From the listing below, count the lines that contain the string "points", then state only that number.

*** Begin section ***

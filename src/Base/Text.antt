-- ===== src/Base/Text.antt =====
-- `std::string` as the native text. Every search in the program is for ASCII text, so that the
-- walk over code points finds what the walk over UTF-8 bytes finds.
use Prim.Native.Nat.{ℕ, ◌+◌}
use Prim.Native.Char.{Char, code}
use Prim.Native.String
use Prim.Native.String.{String}
use mathlib.Core.Path.{◌≡◌}
use mathlib.Core.Logic.{◌≢◌}
use mathlib.Core.Bool.{Bool, true, false, not, ◌||◌}
use mathlib.Core.Option.{Option, none, some}
use mathlib.Core.List.{List, [], ◌∷◌}
use native.Mathlib.Omega.{arith}
use text.Mathlib.Text.{◌==◌ as str_eq}
use text.Mathlib.TextEquality.{eq_iff}
use web_socket_ds.Base.Tests.{nat_beq, ltb, if◌then◌else◌}

abbrev pub str_beq : String → String → Bool
str_beq s t = str_eq s t

infixr 65 ◌<>◌
abbrev pub ◌<>◌ : String → String → String
s <> t = String.◌++◌ s t

-- `s.size()` as a test.
abbrev pub is_empty : String → Bool
is_empty s = str_eq s ""

abbrev pub nonempty : String → Bool
nonempty s = not (is_empty s)

-- The characters of a text, as code points.
abbrev pub codes : String → List ℕ
codes String.[] = []
codes (String.◌∷◌ c s) = code c ∷ codes s

abbrev pub same_char : Char → Char → Bool
same_char c d = nat_beq (code c) (code d)

abbrev utf8_size : ℕ → ℕ
utf8_size n = if ltb n 128 then 1 else if ltb n 2048 then 2 else if ltb n 65536 then 3 else 4

-- `s.size()`, in bytes of UTF-8.
unfoldable pub size : String → ℕ
size String.[] = 0
size (String.◌∷◌ c s) = utf8_size (code c) + size s

-- What is left of the text behind a prefix.
unfoldable pub strip_prefix : String → String → Option String
strip_prefix String.[] s = some s
strip_prefix (String.◌∷◌ c p) String.[] = none
strip_prefix (String.◌∷◌ c p) (String.◌∷◌ d s) = if same_char c d then strip_prefix p s else none

abbrev is_found {ℓ} : {A : Type ℓ} → Option A → Bool
is_found none = false
is_found (some a) = true

-- `s.find(needle) != npos`.
unfoldable pub contains : String → String → Bool
unfolding strip_prefix
contains needle String.[] = is_empty needle
contains needle (String.◌∷◌ c s) =
    is_found (strip_prefix needle (String.◌∷◌ c s)) || contains needle s

pub ne_of_beq_false : (s t : String) → str_beq s t ≡ false → s ≢ t
ne_of_beq_false s t h = ground (arith, eq_iff s t)
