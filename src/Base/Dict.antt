-- ===== src/Base/Dict.antt =====
-- `std::map` and `std::unordered_map` as association lists, over keys with a Boolean equality.
use Prim.Native.Nat.{ℕ}
use Prim.Native.String.{String}
use mathlib.Core.Path.{◌≡◌, refl}
use mathlib.Core.Logic.{◌↔◌}
use mathlib.Core.Bool.{Bool, true}
use mathlib.Core.Option.{Option, none, some}
use mathlib.Core.List.{List, [], ◌∷◌}
use native.Mathlib.Omega.{arith}
use text.Mathlib.TextEquality.{eq_iff}
use web_socket_ds.Base.Tests.{nat_beq, nat_beq_iff, is_some, if◌then◌else◌}
use web_socket_ds.Base.Text.{str_beq}

pub record MapKey {ℓ} (K : Type ℓ) : Type ℓ where
  pub beq : K → K → Bool
  pub beq_iff : (j k : K) → (beq j k ≡ true) ↔ (j ≡ k)

pub str_beq_iff : (s t : String) → (str_beq s t ≡ true) ↔ (s ≡ t)
str_beq_iff s t = eq_iff s t

instance abbrev pub string_eq : MapKey String
string_eq = record { beq = str_beq; beq_iff = str_beq_iff }

instance abbrev pub nat_eq : MapKey ℕ
nat_eq = record { beq = nat_beq; beq_iff = nat_beq_iff }

infix 50 ◌==◌
abbrev pub ◌==◌ {ℓ} : {A : Type ℓ} ⦃e : MapKey A⦄ → A → A → Bool
◌==◌ ⦃e⦄ = e.beq

abbrev pub Dict {ℓ κ} : Type ℓ → Type κ → Type (ℓ ⊔ κ)
Dict K V = List (K × V)

pub beq_self {ℓ} : {K : Type ℓ} ⦃e : MapKey K⦄ (k : K) → (k == k) ≡ true
beq_self ⦃e⦄ k = (e.beq_iff k k).1 refl

module _ {ℓ κ} {K : Type ℓ} {V : Type κ} ⦃e : MapKey K⦄ where
  -- `find`, and `at` with `none` for `out_of_range`.
  unfoldable pub lookup : K → Dict K V → Option V
  lookup k [] = none
  lookup k ((j, v) ∷ m) = if j == k then some v else lookup k m

  -- `m[k] = v`.
  unfoldable pub assign : K → V → Dict K V → Dict K V
  assign k v [] = (k, v) ∷ []
  assign k v ((j, w) ∷ m) = if j == k then (j, v) ∷ m else (j, w) ∷ assign k v m

  -- `m.insert({k, v})`, which leaves a present key alone.
  unfoldable pub insert_new : K → V → Dict K V → Dict K V
  insert_new k v [] = (k, v) ∷ []
  insert_new k v ((j, w) ∷ m) = if j == k then (j, w) ∷ m else (j, w) ∷ insert_new k v m

  unfoldable pub erase : K → Dict K V → Dict K V
  erase k [] = []
  erase k ((j, v) ∷ m) = if j == k then erase k m else (j, v) ∷ erase k m

  -- `m[k]`, with the value that it makes where the key is missing.
  abbrev pub index : K → V → Dict K V → V
  index k d m = elim (lookup k m) [ none ↦ d | some v ↦ v ]

  pub lookup-assign :
      (k j : K) (v : V) (m : Dict K V)
      → lookup j (assign k v m) ≡ (if k == j then some v else lookup j m)
  unfolding lookup assign
  lookup-assign k j v [] = refl
  lookup-assign k j v ((i, w) ∷ m) =
      ground (arith, e.beq_iff k j, e.beq_iff i k, e.beq_iff i j, lookup-assign k j v m)

  pub lookup-insert_new :
      (k j : K) (v : V) (m : Dict K V)
      → lookup k m ≡ none
      → lookup j (insert_new k v m) ≡ (if k == j then some v else lookup j m)
  unfolding lookup insert_new
  lookup-insert_new k j v [] h = refl
  lookup-insert_new k j v ((i, w) ∷ m) h =
      ground (arith, e.beq_iff k j, e.beq_iff i k, e.beq_iff i j, lookup-insert_new k j v m)

  pub lookup-insert_new_first :
      (k j : K) (v : V) (m : Dict K V)
      → lookup j (insert_new k v m)
        ≡ (if is_some (lookup j m) then lookup j m else if k == j then some v else none)
  unfolding lookup insert_new
  lookup-insert_new_first k j v [] = ground arith
  lookup-insert_new_first k j v ((i, w) ∷ m) =
      ground (arith, e.beq_iff k j, e.beq_iff i k, e.beq_iff i j, lookup-insert_new_first k j v m)

  pub lookup-erase :
      (k j : K) (m : Dict K V) → lookup j (erase k m) ≡ (if k == j then none else lookup j m)
  unfolding lookup erase
  lookup-erase k j [] = ground arith
  lookup-erase k j ((i, w) ∷ m) =
      ground (arith, e.beq_iff k j, e.beq_iff i k, e.beq_iff i j, lookup-erase k j m)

*** End section ***

• [Response area] 2